> _DIRECTIONS_: Find the word "reason" in the data, then copy each line where it is found.

Saved entries:
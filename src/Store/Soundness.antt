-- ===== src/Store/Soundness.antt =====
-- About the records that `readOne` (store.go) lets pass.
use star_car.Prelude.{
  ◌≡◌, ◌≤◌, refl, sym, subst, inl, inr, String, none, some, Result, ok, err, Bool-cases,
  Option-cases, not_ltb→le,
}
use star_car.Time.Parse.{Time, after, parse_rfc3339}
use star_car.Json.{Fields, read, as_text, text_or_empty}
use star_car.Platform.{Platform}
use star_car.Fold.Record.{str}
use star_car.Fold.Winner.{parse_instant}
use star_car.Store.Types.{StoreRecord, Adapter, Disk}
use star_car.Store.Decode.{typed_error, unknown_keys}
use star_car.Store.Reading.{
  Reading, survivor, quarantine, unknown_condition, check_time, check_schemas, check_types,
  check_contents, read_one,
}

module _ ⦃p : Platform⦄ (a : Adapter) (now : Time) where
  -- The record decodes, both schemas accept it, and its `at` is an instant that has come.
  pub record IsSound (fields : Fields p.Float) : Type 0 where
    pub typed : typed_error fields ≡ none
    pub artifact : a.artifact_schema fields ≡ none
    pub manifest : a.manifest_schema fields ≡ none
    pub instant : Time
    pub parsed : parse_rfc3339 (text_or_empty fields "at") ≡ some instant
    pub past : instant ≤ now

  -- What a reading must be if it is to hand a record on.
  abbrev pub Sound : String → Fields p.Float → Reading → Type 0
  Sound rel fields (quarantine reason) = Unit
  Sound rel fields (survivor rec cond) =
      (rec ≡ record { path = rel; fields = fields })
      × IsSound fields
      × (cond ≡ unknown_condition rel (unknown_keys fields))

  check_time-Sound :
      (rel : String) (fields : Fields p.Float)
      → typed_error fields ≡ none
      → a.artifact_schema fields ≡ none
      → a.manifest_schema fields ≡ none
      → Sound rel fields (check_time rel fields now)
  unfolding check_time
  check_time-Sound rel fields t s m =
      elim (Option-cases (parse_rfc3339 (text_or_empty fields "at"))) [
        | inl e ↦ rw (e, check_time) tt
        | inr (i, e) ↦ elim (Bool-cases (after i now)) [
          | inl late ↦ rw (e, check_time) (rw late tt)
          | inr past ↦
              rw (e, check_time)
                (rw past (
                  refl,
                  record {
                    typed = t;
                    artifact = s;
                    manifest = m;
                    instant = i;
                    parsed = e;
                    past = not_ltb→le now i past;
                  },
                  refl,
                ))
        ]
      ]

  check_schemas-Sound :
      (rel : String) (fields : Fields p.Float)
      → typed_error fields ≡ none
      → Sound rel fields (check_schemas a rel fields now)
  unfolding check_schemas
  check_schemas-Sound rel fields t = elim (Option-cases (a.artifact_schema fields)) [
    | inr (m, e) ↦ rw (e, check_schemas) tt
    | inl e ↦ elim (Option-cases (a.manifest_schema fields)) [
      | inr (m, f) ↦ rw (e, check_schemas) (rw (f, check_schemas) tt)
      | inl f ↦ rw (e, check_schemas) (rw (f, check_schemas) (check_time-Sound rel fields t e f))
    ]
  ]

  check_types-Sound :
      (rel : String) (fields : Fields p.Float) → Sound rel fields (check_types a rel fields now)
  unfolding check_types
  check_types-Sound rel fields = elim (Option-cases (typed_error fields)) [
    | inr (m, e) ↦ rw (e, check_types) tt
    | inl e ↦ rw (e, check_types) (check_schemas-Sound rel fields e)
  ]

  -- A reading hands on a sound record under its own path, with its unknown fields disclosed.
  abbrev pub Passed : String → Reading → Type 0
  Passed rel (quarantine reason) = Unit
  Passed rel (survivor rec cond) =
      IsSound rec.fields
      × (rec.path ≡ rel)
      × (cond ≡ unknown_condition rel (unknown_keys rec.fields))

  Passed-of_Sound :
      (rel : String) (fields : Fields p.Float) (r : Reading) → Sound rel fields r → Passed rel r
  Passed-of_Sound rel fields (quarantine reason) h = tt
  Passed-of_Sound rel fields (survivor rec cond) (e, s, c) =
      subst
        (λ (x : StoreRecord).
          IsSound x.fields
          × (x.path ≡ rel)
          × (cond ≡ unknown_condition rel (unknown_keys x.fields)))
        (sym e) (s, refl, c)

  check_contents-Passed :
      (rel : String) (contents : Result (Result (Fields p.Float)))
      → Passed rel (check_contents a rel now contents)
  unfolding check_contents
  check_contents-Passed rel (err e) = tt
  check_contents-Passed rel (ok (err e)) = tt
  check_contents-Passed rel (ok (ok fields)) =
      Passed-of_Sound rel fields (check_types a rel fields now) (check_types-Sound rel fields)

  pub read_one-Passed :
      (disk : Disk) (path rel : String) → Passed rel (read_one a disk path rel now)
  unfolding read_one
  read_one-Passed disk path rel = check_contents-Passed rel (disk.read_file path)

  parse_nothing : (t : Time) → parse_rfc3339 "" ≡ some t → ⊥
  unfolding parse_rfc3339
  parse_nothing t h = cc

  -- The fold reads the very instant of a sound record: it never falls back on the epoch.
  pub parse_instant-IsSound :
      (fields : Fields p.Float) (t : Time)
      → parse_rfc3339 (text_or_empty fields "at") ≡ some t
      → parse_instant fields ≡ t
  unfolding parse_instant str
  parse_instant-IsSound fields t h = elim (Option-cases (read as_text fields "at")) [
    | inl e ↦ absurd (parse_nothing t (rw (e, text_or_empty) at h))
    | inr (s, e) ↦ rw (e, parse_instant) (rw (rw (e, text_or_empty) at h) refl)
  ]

> _RESPONSE BOX_:
  Sound rel fields (quarantine reason) = Unit
  Passed rel (quarantine reason) = Unit
  Passed-of_Sound rel fields (quarantine reason) h = tt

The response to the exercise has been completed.